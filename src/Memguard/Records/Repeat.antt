-- ===== src/Memguard/Records/Repeat.antt =====
-- The repeat rule: `Guard.actionFor` of pkg/health/memguard/episode.go.
use tgshd.Base.{
  ◌≤◌, ◌<◌, List, [], ◌∷◌, true, ◌&&◌, ◌≡◌, ◌⊎◌, inl, inr, refl, sym, ◌∙◌, arith, if◌then◌else◌,
  nat_beq, ltb, Bytes, Bool-cases, All, All-map,
}
use mathlib.Core.List.{Memᴰ}
use tgshd.Health.Types.{Time, Duration}
use tgshd.Memguard.Types.{restart, stop, Intervention}
use tgshd.Memguard.Records.{counts, last_loop, action_for}

-- The loop ends with a time that no counted record exceeds, which it began with or which is that of a
-- counted record.
record IsLast (window : Duration) (id : Bytes) (at : Time) (rs : List Intervention)
    (first last : Time) : Type 0 where
  grows : first ≤ last
  bound : All (λ r. counts window id at r ≡ true → r.at ≤ last) rs
  met :
      (last ≡ first)
      ⊎ ((r : Intervention) × Memᴰ r rs × (counts window id at r ≡ true) × (r.at ≡ last))

met_later :
    (window : Duration) (id : Bytes) (at : Time) (r : Intervention) (rs : List Intervention)
    (first last next : Time)
    → (next ≡ first) ⊎ ((counts window id at r ≡ true) × (r.at ≡ next))
    → (last ≡ next)
      ⊎ ((o : Intervention) × Memᴰ o rs × (counts window id at o ≡ true) × (o.at ≡ last))
    → (last ≡ first)
      ⊎ ((o : Intervention) × Memᴰ o (r ∷ rs) × (counts window id at o ≡ true) × (o.at ≡ last))
met_later window id at r rs first last next w (inr (o, m, c, e)) = inr (o, Memᴰ.tail m, c, e)
met_later window id at r rs first last next (inl e) (inl f) = inl (f ∙ e)
met_later window id at r rs first last next (inr (c, e)) (inl f) =
    inr (r, Memᴰ.head refl, c, e ∙ sym f)

abbrev next_last : Duration → Bytes → Time → Intervention → Time → Time
next_last window id at r last = if counts window id at r && ltb last r.at then r.at else last

next_last_lem :
    (window : Duration) (id : Bytes) (at : Time) (r : Intervention) (last : Time)
    → let next = next_last window id at r last in
      (last ≤ next)
      × (counts window id at r ≡ true → r.at ≤ next)
      × ((next ≡ last) ⊎ ((counts window id at r ≡ true) × (r.at ≡ next)))
next_last_lem window id at r last = (ground arith, ground arith, ground arith)

last_loop-IsLast :
    (window : Duration) (id : Bytes) (at : Time) (rs : List Intervention) (first : Time)
    → IsLast window id at rs first (last_loop window id at rs first)
unfolding last_loop
last_loop-IsLast window id at [] first = record { grows = omega arith; bound = tt; met = inl refl }
last_loop-IsLast window id at (r ∷ rs) first =
    let next = next_last window id at r first in
    let (grows, bound, met) = next_last_lem window id at r first in
    let rest = last_loop-IsLast window id at rs next in
    record {
      grows = omega (arith, grows, rest.grows);
      bound = (λ c. omega (arith, bound c, rest.grows), rest.bound);
      met = met_later window id at r rs first _ next met rest.met;
    }

-- The action is a stop, told with the time of the latest counted intervention on the service,
-- when the rule has a window and some counted intervention is after the zero time; else it is a
-- restart.
pub action_for_lem :
    (window : Duration) (id : Bytes) (at : Time) (rs : List Intervention)
    → ((r : Intervention) × (action_for window id at rs ≡ (stop, r.at))
        × Memᴰ r rs
        × (counts window id at r ≡ true)
        × All (λ o. counts window id at o ≡ true → o.at ≤ r.at) rs
        × (0 < window)
        × (0 < r.at))
      ⊎ ((action_for window id at rs ≡ (restart, 0))
          × ((window ≡ 0) ⊎ All (λ o. counts window id at o ≡ true → o.at ≡ 0) rs))
unfolding action_for
action_for_lem window id at rs = elim (Bool-cases (nat_beq window 0)) [
  | inl z ↦ inr (rw z refl, inl (ground arith))
  | inr z ↦
      let l = last_loop-IsLast window id at rs 0 in
      elim (Bool-cases (nat_beq (last_loop window id at rs 0) 0)) [
        | inl e ↦
            inr (rw (z, e) refl, inr (All-map _ _ rs (λ o h k. ground (arith, h k, e)) l.bound))
        | inr e ↦ elim l.met [
          | inl f ↦ absurd (ground arith)
          | inr (r, m, c, f) ↦ inl (
            r,
            rw (z, e, f) refl,
            m,
            c,
            All-map _ _ rs (λ o h k. rw f (h k)) l.bound,
            ground arith,
            ground arith,
          )
        ]
      ]
]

● **Exercise instructions**
Print exactly the lines above from the one with "last_loop-IsLast window id at (r" to the one with "grows = omega (arith, grows, rest.grows);", including both.

● **Task response**
last_loop-IsLast window id at (r ∷ rs) first =
    let next = next_last window id at r first in
    let (grows, bound, met) = next_last_lem window id at r first in
    let rest = last_loop-IsLast window id at rs next in
    record {
      grows = omega (arith, grows, rest.grows);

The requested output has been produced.